During the punishment phase, Reyes’s trial counsel presented
nine witnesses: Hector Arzola, Margie Lopez, Don Carter, Nicky
Chavez, Maria Reyes, Nora Gonzales, Chris Ramos, Jesse Reyes, and
Dr. Walter Quijano. Arzola, Lopez, and Carter were called to rebut
evidence against Petitioner regarding an aggravated assault charge.
Maria Reyes and Jesse Reyes testified that Petitioner supported his
family after his father died, Barraz abused Petitioner, and
Petitioner often took care of Barraz’s daughter.
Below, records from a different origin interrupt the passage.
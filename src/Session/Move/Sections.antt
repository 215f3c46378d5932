-- ===== src/Session/Move/Sections.antt =====
-- internal/session: every section leaves the slot and the turns alone, touches the turn in flight,
-- begins a turn or ends one.
use tatara_claude_code_wrapp.Common.{
  ◌≡◌, ◌≢◌, refl, Bool, none, String, Time, arith, is_empty, str_eq, eq_iff, Bool-cases,
  Option-cases, inl, inr, not, ◌||◌,
}
use tatara_claude_code_wrapp.Session.State.{Manager}
use tatara_claude_code_wrapp.Session.Submit.{
  admit, refuse, install_timer, ensure_tailer_following, discovered,
}
use tatara_claude_code_wrapp.Session.Activity.{
  start_tailer, on_tailer_activity, mark_stall_suspected, on_subagent_activity, has_timer,
}
use tatara_claude_code_wrapp.Session.Control.{
  register_probe, discard_probe, shutdown, record_probe_outcome,
}
use tatara_claude_code_wrapp.Session.Resume.{install_resume_timer}
use tatara_claude_code_wrapp.Session.Recover.{start, boot_settled, exited}
use tatara_claude_code_wrapp.Session.Step.{Section, perform, take_slot, adopt_or_stay, IsAllowed}
use tatara_claude_code_wrapp.Session.Move.{Move, quiet, touched, begins}
use tatara_claude_code_wrapp.Session.Move.Endings.{
  fail_turn-Move, fail_submit_write-Move, complete_after_interrupt-Move, complete_from-Move,
  complete-Move,
}
use tatara_claude_code_wrapp.Turn.Laws.{status}

take_slot-Move :
    (id text u : String) (now : Time) (m : Manager)
    → id ≢ ""
    → status id m.store ≡ none
    → Move m (take_slot id text u now m)
unfolding take_slot
take_slot-Move id text u now m h f = elim (Option-cases (refuse m)) [
  | inr (e, refused) ↦ rw (refused, take_slot) (quiet (ground arith) refl)
  | inl free ↦ begins id text u now h f (ground (arith, eq_iff m.current "")) (ground arith)
]

abbrev ignores : String → Bool → Manager → Bool
ignores id p m = p || is_empty id || not (str_eq id m.current) || not (has_timer m.timer)

on_tailer_activity-Move :
    (id : String) (p : Bool) (now : Time) (m : Manager) → Move m (on_tailer_activity id p now m)
unfolding on_tailer_activity
on_tailer_activity-Move id p now m = elim (Bool-cases (ignores id p m)) [
  | inl idle ↦ quiet (ground arith) (ground arith)
  | inr held ↦ touched now (ground arith) (ground (arith, eq_iff id m.current))
]

-- Each section of the manager, started under the condition on its ids, does one of four things: it
-- leaves the slot, the counts of turns and the store alone; it only notes activity of the turn in
-- the slot; it starts a turn with a new id in the free slot; or it ends the turn in the slot, with
-- the counts and the record that its ending calls for.
pub perform-Move : (s : Section) (m : Manager) → IsAllowed s m → Move m (perform s m)
unfolding perform start_tailer admit install_timer ensure_tailer_following discovered
    on_subagent_activity mark_stall_suspected start exited adopt_or_stay boot_settled
    install_resume_timer register_probe discard_probe shutdown record_probe_outcome
perform-Move (Section.admits handoff now) m a = quiet (ground arith) (ground arith)
perform-Move (Section.takes_slot id text u now) m (h, f) = take_slot-Move id text u now m h f
perform-Move (Section.fails_write id stage werr now) m a =
    fail_submit_write-Move id stage werr now m
perform-Move (Section.sets_timer id now) m a = quiet (ground arith) (ground arith)
perform-Move Section.follows m a = quiet (ground arith) (ground arith)
perform-Move (Section.discovers path) m a = quiet (ground arith) (ground arith)
perform-Move (Section.writes p text error) m a = quiet (ground arith) (ground arith)
perform-Move (Section.hook r now) m a = complete-Move r now m
perform-Move (Section.activity id p now) m a = on_tailer_activity-Move id p now m
perform-Move (Section.subagent p now) m a = quiet (ground arith) (ground arith)
perform-Move (Section.stalls id stamp now) m a = quiet (ground arith) (ground arith)
perform-Move (Section.starts p) m a = quiet (ground arith) (ground arith)
perform-Move Section.exits m a = quiet (ground arith) (ground arith)
perform-Move (Section.adopts p) m a = quiet (ground arith) (ground arith)
perform-Move (Section.settles p) m a = quiet (ground arith) (ground arith)
perform-Move Section.gives_up m a = quiet (ground arith) (ground arith)
perform-Move (Section.fails id reason now) m a = fail_turn-Move id reason now m
perform-Move (Section.resumes id mode now) m a = quiet (ground arith) (ground arith)
perform-Move (Section.completes_from reads id path text usage stop now) m a =
    complete_from-Move reads id path text usage stop now m
perform-Move (Section.probes id text now) m a = quiet (ground arith) (ground arith)
perform-Move (Section.drops_probe id) m a = quiet (ground arith) (ground arith)
perform-Move (Section.resolves_interrupt reads id path now) m a =
    complete_after_interrupt-Move reads id path now m
perform-Move (Section.shuts_down error) m a = quiet (ground arith) (ground arith)
perform-Move (Section.starts_tailer enabled) m a = quiet (ground arith) (ground arith)
perform-Move Section.ends_parent m a = quiet (ground arith) (ground arith)
perform-Move (Section.sets_callbacks done restart) m a = quiet (ground arith) (ground arith)
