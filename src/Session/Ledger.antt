-- ===== src/Session/Ledger.antt =====
-- internal/session: every turn is accounted for at every moment of every interleaving.
use tatara_claude_code_wrapp.Common.{
  ℕ, ◌+◌, ◌≡◌, ◌≢◌, ◌⊎◌, refl, [], ◌∷◌, none, some, String, Time, arith, is_empty, if◌then◌else◌,
  eq_iff, length, length-append, lookup,
}
use tatara_claude_code_wrapp.Session.State.{Manager, Config, new}
use tatara_claude_code_wrapp.Session.Step.{Reach, here, next}
use tatara_claude_code_wrapp.Session.Move.{
  Move, quiet, touched, begins, ends, completions, failures, interruptions,
}
use tatara_claude_code_wrapp.Session.Move.Sections.{perform-Move}
use tatara_claude_code_wrapp.Turn.Records.{running}
use tatara_claude_code_wrapp.Turn.Store
use tatara_claude_code_wrapp.Turn.Store.{new_store}
use tatara_claude_code_wrapp.Turn.Laws.{status, status-create, status-touch}
use tatara_claude_code_wrapp.Turn.Frame.{order-touch}
use tatara_claude_code_wrapp.Turn.Closing.{
  Ending, completes, fails, is_interrupted, close, closed, status-close, error-close, order-close,
}

abbrev pub in_slot : Manager → ℕ
in_slot m = if is_empty m.current then 0 else 1

-- The counters agree with one another, and with the store and the slot.
pub record IsBalanced (m : Manager) : Type 0 where
  pub finished :
      m.turns_completed
      ≡ m.metrics.turns_complete + m.metrics.turns_failed + m.metrics.turns_interrupted
  pub succeeded : m.turns_succeeded ≡ m.metrics.turns_complete
  pub observed : m.metrics.turn_durations ≡ m.turns_completed
  pub gauge : m.metrics.turn_in_flight ≡ in_slot m
  pub created : length m.store.order ≡ m.turns_completed + m.metrics.turn_in_flight
  pub unnamed : status "" m.store ≡ none
  pub slot : (m.current ≡ "") ⊎ (status m.current m.store ≡ some running)

-- A turn that is running is the one in the slot.
abbrev pub OnlySlotRuns : Manager → Type 0
OnlySlotRuns m = (id : String) → status id m.store ≡ some running → id ≡ m.current

order-create :
    (id text u : String) (now : Time) (s : Store.Store)
    → length (Store.create id text u now s).order ≡ length s.order + 1
unfolding Store.create
order-create id text u now s = omega (arith, length-append {0} s.order (id ∷ []))

one_count : (o : Ending) → completions o + failures o + interruptions o ≡ 1
one_count (completes a b c d now) = refl
one_count (fails msg now) = refl
one_count (is_interrupted a b now) = refl

closed_ne : (o : Ending) → closed o ≢ running
closed_ne (completes a b c d now) = λ e. cc
closed_ne (fails msg now) = λ e. cc
closed_ne (is_interrupted a b now) = λ e. cc

slot_held :
    (o : Ending) (m : Manager)
    → (close o m.current m.store).1 ≡ none
    → IsBalanced m
    → m.current ≢ ""
slot_held o m stored b idle = ground (arith, error-close o m.current m.store, b.unnamed)

Move-IsBalanced : {m n : Manager} → Move m n → IsBalanced m → IsBalanced n
Move-IsBalanced (quiet s e) b = ground arith
Move-IsBalanced {m} (touched now s e) b = ground (
  arith,
  order-touch m.current m.store now,
  status-touch "" m.current m.store now,
  status-touch m.current m.current m.store now,
)
Move-IsBalanced {m} (begins id text u now h f s e) b = ground (
  arith,
  order-create id text u now m.store,
  status-create "" id m.store text u now,
  status-create id id m.store text u now,
  eq_iff id "",
  eq_iff id id,
  eq_iff m.current "",
)
Move-IsBalanced {m} {n} (ends o stored s e) b = ground (
  arith,
  slot_held o m stored b,
  order-close o m.current m.store,
  one_count o,
  status-close o "" m.current m.store,
  eq_iff m.current "",
  eq_iff n.current "",
)

Move-OnlySlotRuns : {m n : Manager} → Move m n → IsBalanced m → OnlySlotRuns m → OnlySlotRuns n
Move-OnlySlotRuns (quiet s e) b only id r = ground (arith, only id)
Move-OnlySlotRuns {m} (touched now s e) b only id r =
    ground (arith, only id, status-touch id m.current m.store now)
Move-OnlySlotRuns {m} (begins new_id text u now h f s e) b only id r =
    ground (arith, only id, status-create id new_id m.store text u now, eq_iff new_id id, b.unnamed)
Move-OnlySlotRuns {m} (ends o stored s e) b only id r = ground (
  arith,
  only id,
  status-close o id m.current m.store,
  eq_iff m.current id,
  error-close o m.current m.store,
  closed_ne o,
)

pub record IsLedger (m : Manager) : Type 0 where
  pub balanced : IsBalanced m
  pub only : OnlySlotRuns m

abbrev pub start_of : Config → Time → Manager
start_of cfg t = new cfg new_store t

new-IsLedger : (cfg : Config) (t : Time) → IsLedger (start_of cfg t)
unfolding new lookup
new-IsLedger cfg t = record { balanced = ground arith; only = λ id r. cc }

pub Reach-IsLedger : {m n : Manager} → Reach m n → IsLedger m → IsLedger n
Reach-IsLedger here l = l
Reach-IsLedger (next {n} r s a) l =
    let before = Reach-IsLedger r l in
    let mv = perform-Move s n a in
    record {
      balanced = Move-IsBalanced mv before.balanced;
      only = Move-OnlySlotRuns mv before.balanced before.only;
    }

pub reached-IsLedger :
    (cfg : Config) (t : Time) {m : Manager} → Reach (start_of cfg t) m → IsLedger m
reached-IsLedger cfg t r = Reach-IsLedger r (new-IsLedger cfg t)
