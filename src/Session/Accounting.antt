-- ===== src/Session/Accounting.antt =====
-- internal/session: what the accounting of turns means to the operator that reads it.
use mathlib.Core.Path.{subst}
use tatara_claude_code_wrapp.Common.{
  ℕ, ◌+◌, ◌≡◌, ◌≢◌, ◌↔◌, ◌∙◌, ap, none, some, String, Time, arith, length,
}
use tatara_claude_code_wrapp.Session.State.{Manager, Config}
use tatara_claude_code_wrapp.Session.Activity.{snapshot}
use tatara_claude_code_wrapp.Session.Step.{Reach, here, next}
use tatara_claude_code_wrapp.Session.Move.{Move, quiet, touched, begins, ends}
use tatara_claude_code_wrapp.Session.Move.Sections.{perform-Move}
use tatara_claude_code_wrapp.Session.Ledger.{
  in_slot, IsBalanced, IsLedger, start_of, reached-IsLedger, Reach-IsLedger,
}
use tatara_claude_code_wrapp.Turn.Records.{running, Record}
use tatara_claude_code_wrapp.Turn.Store
use tatara_claude_code_wrapp.Turn.Laws.{status}
use tatara_claude_code_wrapp.Turn.Frame.{get-create_ne, get-touch_ne}
use tatara_claude_code_wrapp.Turn.Closing.{get-close_ne}

-- At every moment of every interleaving the turns created are those that the metrics count as
-- complete, failed or interrupted, and the one in the slot if it is taken.
pub every_turn_counted :
    (cfg : Config) (t : Time) (m : Manager)
    → Reach (start_of cfg t) m
    → length m.store.order
      ≡ m.metrics.turns_complete + m.metrics.turns_failed + m.metrics.turns_interrupted + in_slot m
every_turn_counted cfg t m r = let l = reached-IsLedger cfg t r in omega (arith, l.balanced)

-- The session's snapshot agrees: its finished turns and the one in flight are those created, and
-- its completed turns are those that the metrics count as complete.
snapshot_counts :
    (cfg : Config) (t : Time) (m : Manager) (outstanding : ℕ)
    → Reach (start_of cfg t) m
    → let s = snapshot outstanding m in
      (length m.store.order ≡ s.turns_finished + in_slot m)
      × (s.turns_completed ≡ m.metrics.turns_complete)
      × (m.metrics.turn_in_flight ≡ in_slot m)
unfolding snapshot
snapshot_counts cfg t m outstanding r =
    let l = reached-IsLedger cfg t r in
    (omega (arith, l.balanced), l.balanced.succeeded, l.balanced.gauge)

-- At every moment of every interleaving a turn is recorded as running exactly if it is the one in
-- the slot.
pub runs_iff_in_slot :
    (cfg : Config) (t : Time) (m : Manager) (id : String)
    → Reach (start_of cfg t) m
    → (status id m.store ≡ some running) ↔ ((id ≡ m.current) × (m.current ≢ ""))
runs_iff_in_slot cfg t m id r =
    let l = reached-IsLedger cfg t r in
    (
      λ e. ground (arith, l.only id, l.balanced.unnamed),
      λ (h : (id ≡ m.current) × (m.current ≢ "")). ground (arith, h.0, h.1, l.balanced.slot),
    )

has_status :
    (id : String) (r : Record) (s : Store.Store) → Store.get id s ≡ some r → status id s ≡ none → ⊥
unfolding Store.get
has_status id r s g e = ground (arith, g, e)

module _ (id : String) (r : Record) (ended : r.state ≢ running) where
  elsewhere : {m : Manager} → IsBalanced m → Store.get id m.store ≡ some r → m.current ≢ id
  unfolding Store.get
  elsewhere b g same = ground (arith, same, g, b.slot, b.unnamed)

  Move-get :
      {m n : Manager}
      → Move m n
      → IsBalanced m
      → Store.get id m.store ≡ some r
      → Store.get id n.store ≡ some r
  Move-get (quiet s e) b g = ap (Store.get id) e ∙ g
  Move-get {m} (touched now s e) b g =
      ap (Store.get id) e ∙ get-touch_ne id m.current m.store now (elsewhere b g) ∙ g
  Move-get {m} (begins new_id text u now h f s e) b g =
      ap (Store.get id) e ∙ get-create_ne id new_id m.store text u now (not_new f g) ∙ g
    where
      not_new : status new_id m.store ≡ none → Store.get id m.store ≡ some r → new_id ≢ id
      not_new free found same =
          has_status id r m.store found (subst (λ x. status x m.store ≡ none) same free)
  Move-get {m} (ends o stored s e) b g =
      ap (Store.get id) e ∙ get-close_ne o id m.current m.store (elsewhere b g) ∙ g

  Reach-get :
      {m n : Manager}
      → Reach m n
      → IsLedger m
      → Store.get id m.store ≡ some r
      → Store.get id n.store ≡ some r
  Reach-get here l g = g
  Reach-get (next {n} w s a) l g =
      Move-get (perform-Move s n a) (Reach-IsLedger w l).balanced (Reach-get w l g)

-- Once a turn is complete or failed its record never changes again, whatever runs concurrently: no
-- late hook, transcript line, interrupt, crash or write error reaches it.
pub ended_turn_is_final :
    (cfg : Config) (t : Time) (m n : Manager) (id : String) (r : Record)
    → Reach (start_of cfg t) m
    → Reach m n
    → Store.get id m.store ≡ some r
    → r.state ≢ running
    → Store.get id n.store ≡ some r
ended_turn_is_final cfg t m n id r before after g ended =
    Reach-get id r ended after (reached-IsLedger cfg t before) g
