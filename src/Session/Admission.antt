-- ===== src/Session/Admission.antt =====
-- internal/session/session.go: `admit`, and what becomes of the one handoff past the deadline.
use tatara_claude_code_wrapp.Common.{
  ℕ, ◌+◌, ◌≡◌, ◌≢◌, ◌≤◌, ◌<◌, ◌↔◌, ◌⊎◌, ◌&&◌, not, refl, ap, Bool, true, false, List, [], ◌∷◌,
  Option, none, some, String, Time, arith, is_empty, is_zero, before, ◌==◌, le→ltb, lt→ltb,
  if◌then◌else◌, eq_iff, Bool-cases, Option-cases, ◌∙◌, inl, inr,
}
use tatara_claude_code_wrapp.Session.State.{
  Manager, HookResult, busy, Error, pod_ttl_expired, session_busy,
}
use tatara_claude_code_wrapp.Session.Submit.{
  pod_deadline, hard_cap, admit, refuse, install_timer, ensure_tailer_following, discovered,
  SubmitInput, submit, submit_slot, after_admit,
}
use tatara_claude_code_wrapp.Session.Slot.{fail_turn, fail_submit_write}
use tatara_claude_code_wrapp.Session.Hook.{complete, finish, take_report, reject}
use tatara_claude_code_wrapp.Session.Activity.{
  start_tailer, on_tailer_activity, mark_stall_suspected, on_subagent_activity,
}
use tatara_claude_code_wrapp.Session.Control.{
  register_probe, discard_probe, complete_after_interrupt, shutdown, record_probe_outcome,
}
use tatara_claude_code_wrapp.Session.Resume.{install_resume_timer, complete_from}
use tatara_claude_code_wrapp.Session.Recover.{start, boot_settled, exited}
use tatara_claude_code_wrapp.Session.Step.{Section, admits, perform, take_slot, adopt_or_stay}

-- A pod with a lifetime is past its deadline.
abbrev pub IsPast : Time → Manager → Type 0
IsPast now m = (pod_deadline m ≢ 0) × (pod_deadline m ≤ now)

-- `admit` lets a turn through exactly if the pod has no deadline, or is before it, or the turn is
-- the handoff, before the hard cap, and no handoff was let through past the deadline yet.
admit_iff :
    (handoff : Bool) (now : Time) (m : Manager)
    → ((admit handoff now m).1 ≡ none) ↔ (
        (pod_deadline m ≡ 0)
        ⊎ (now < pod_deadline m)
        ⊎ ((handoff ≡ true) × (now < hard_cap m) × (m.handoff_admitted ≡ false)))
unfolding admit
admit_iff handoff now m = ground arith

abbrev flag : Manager → ℕ
flag m = if m.handoff_admitted then 1 else 0

-- Whether a section admits a turn past the deadline.
abbrev admitted : Option Error → Bool
admitted none = true
admitted (some e) = false

abbrev is_past : Time → Manager → Bool
is_past now m = not (is_zero (pod_deadline m)) && not (before now (pod_deadline m))

abbrev pub late : Section → Manager → ℕ
late (admits handoff now) m = if is_past now m && admitted (admit handoff now m).1 then 1 else 0
late _ m = 0

pub late_count : List Section → Manager → ℕ
late_count [] m = 0
late_count (s ∷ ss) m = late s m + late_count ss (perform s m)

abbrev other : Section → Bool
other (admits handoff now) = false
other _ = true

finish-handoff :
    (r : HookResult) (now : Time) (m : Manager)
    → (finish r now m).0.handoff_admitted ≡ m.handoff_admitted
unfolding finish
finish-handoff r now m = ground arith

take_report-handoff :
    (r : HookResult) (m : Manager) → (take_report r m).handoff_admitted ≡ m.handoff_admitted
unfolding take_report
take_report-handoff r m = ground arith

complete-handoff :
    (r : HookResult) (now : Time) (m : Manager)
    → (complete r now m).0.handoff_admitted ≡ m.handoff_admitted
unfolding complete
complete-handoff r now m = elim (Bool-cases (is_empty m.current)) [
  | inl idle ↦ rw (idle, complete)
  | inr held ↦ elim (Option-cases (reject r m)) [
    | inr (e, refused) ↦ rw (held, complete) (rw (refused, complete))
    | inl taken ↦
        rw (held, complete)
          (rw (taken, complete) (finish-handoff r now (take_report r m) ∙ take_report-handoff r m))
  ]
]

keeps_handoff :
    (s : Section) (m : Manager)
    → other s ≡ true
    → (perform s m).handoff_admitted ≡ m.handoff_admitted
unfolding perform start_tailer take_slot fail_submit_write install_timer ensure_tailer_following
    discovered on_tailer_activity on_subagent_activity mark_stall_suspected start exited
    adopt_or_stay boot_settled fail_turn install_resume_timer complete_from register_probe
    discard_probe complete_after_interrupt shutdown record_probe_outcome
keeps_handoff (Section.admits handoff now) m o = cc
keeps_handoff (Section.hook r now) m o = complete-handoff r now m
keeps_handoff _ m o = ground arith

late-flag : (s : Section) (m : Manager) → late s m + flag m ≤ flag (perform s m)
unfolding perform admit
late-flag (admits handoff now) m = ground arith
late-flag s m =
    let same : (perform s m).handoff_admitted ≡ m.handoff_admitted = keeps_handoff s m refl in
    ground (arith, same)

flag_le : (m : Manager) → flag m ≤ 1
flag_le m = ground arith

not_zero : (n : ℕ) → n ≢ 0 → (n == 0) ≡ false
not_zero n h = ground arith

late_count-flag : (ss : List Section) (m : Manager) → late_count ss m + flag m ≤ 1
unfolding late_count
late_count-flag [] m = omega (arith, flag_le m)
late_count-flag (s ∷ ss) m = omega (arith, late-flag s m, late_count-flag ss (perform s m))

-- Over every interleaving, whatever the requests and their times, at most one turn is let through
-- past the pod's deadline, and none once a handoff was.
pub one_handoff_past_deadline :
    (ss : List Section) (m : Manager)
    → (late_count ss m ≤ 1) × ((m.handoff_admitted ≡ false) ⊎ (late_count ss m ≡ 0))
one_handoff_past_deadline ss m = ground (arith, late_count-flag ss m)

abbrev spent : Manager → Manager
spent m = record m { handoff_admitted = true }

admit_spends :
    (now : Time) (m : Manager)
    → IsPast now m
    → now < hard_cap m
    → m.handoff_admitted ≡ false
    → admit true now m ≡ (spent m, none)
unfolding admit
admit_spends now m past before_cap unused = rw (
  unused,
  le→ltb now (pod_deadline m) past.1,
  lt→ltb now (hard_cap m) before_cap,
  not_zero (pod_deadline m) past.0,
)

admit_refuses :
    (handoff : Bool) (now : Time) (m : Manager)
    → IsPast now m
    → m.handoff_admitted ≡ true
    → (admit handoff now m).1 ≡ some pod_ttl_expired
unfolding admit
admit_refuses handoff now m past used = ground arith

refuse_busy : (m : Manager) → m.state ≡ busy → m.current ≢ "" → refuse m ≡ some session_busy
unfolding refuse
refuse_busy m is_busy held = ground (arith, eq_iff m.current "")

slot_refused :
    (text callback_url : String) (x : SubmitInput) (m : Manager)
    → refuse m ≡ some session_busy
    → after_admit text callback_url x (m, none) ≡ (m, some session_busy)
unfolding after_admit
slot_refused text u x m e = rw (e, submit_slot)

admit_stops :
    (text callback_url : String) (x : SubmitInput) (a : Manager × Option Error)
    → a.1 ≡ some pod_ttl_expired
    → (after_admit text callback_url x a).1 ≡ some pod_ttl_expired
unfolding after_admit
admit_stops text u x (m, some e) h = h
admit_stops text u x (m, none) h = cc

submit_spends :
    (text callback_url : String) (x : SubmitInput) (m : Manager)
    → IsPast x.admit_now m
    → x.admit_now < hard_cap m
    → m.handoff_admitted ≡ false
    → m.state ≡ busy
    → m.current ≢ ""
    → submit text callback_url true x m ≡ (spent m, some session_busy)
unfolding submit
submit_spends text u x m past before_cap unused is_busy held =
    ap (after_admit text u x) (admit_spends x.admit_now m past before_cap unused)
    ∙ slot_refused text u x (spent m) (refuse_busy (spent m) is_busy held)

submit_refused :
    (text callback_url : String) (handoff : Bool) (x : SubmitInput) (m : Manager)
    → IsPast x.admit_now m
    → m.handoff_admitted ≡ true
    → (submit text callback_url handoff x m).1 ≡ some pod_ttl_expired
unfolding submit
submit_refused text u handoff x m past used =
    admit_stops text u x (admit handoff x.admit_now m)
      (admit_refuses handoff x.admit_now m past used)

-- A handoff that is submitted past the deadline while a turn is in flight is answered as busy, and
-- spends the one allowance all the same: every later submission past the deadline is refused, a
-- handoff too, and the state is as the refused handoff left it.
pub busy_handoff_is_spent :
    (text callback_url text' callback_url' : String) (handoff : Bool) (x x' : SubmitInput)
    (m : Manager)
    → IsPast x.admit_now m
    → x.admit_now < hard_cap m
    → m.handoff_admitted ≡ false
    → m.state ≡ busy
    → m.current ≢ ""
    → IsPast x'.admit_now m
    → let (m', first) = submit text callback_url true x m in
      (first ≡ some session_busy)
      × (m'.store ≡ m.store)
      × ((submit text' callback_url' handoff x' m').1 ≡ some pod_ttl_expired)
unfolding pod_deadline
busy_handoff_is_spent text u text' u' handoff x x' m past before_cap unused is_busy held past' =
    let first = submit_spends text u x m past before_cap unused is_busy held in
    rw first (refl, refl, submit_refused text' u' handoff x' (spent m) past' refl)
Nicky Chavez,
Chris Ramos, and Nora Gonzales testified that Petitioner was a hard
worker and a good employee. Lastly, Dr. Quijano testified that
Reyes would not be a continuing threat or a future danger to
society. Following the punishment hearing, the jury answered the
punishment special issue regarding Reyes’s future dangerousness
affirmatively, and it answered the punishment special issue
regarding mitigating evidence negatively. See TEX. CODE CRIM. PROC.
art. 37.071 § 2. Consequently, on February 2, the trial court
sentenced Reyes to death.
The court appointed an attorney to represent Reyes on direct
appeal. The Texas Court of Criminal Appeals denied relief and
affirmed Reyes’s conviction and sentence. Reyes v. State, 84
S.W.3d 633 (Tex. Crim. App. 2002).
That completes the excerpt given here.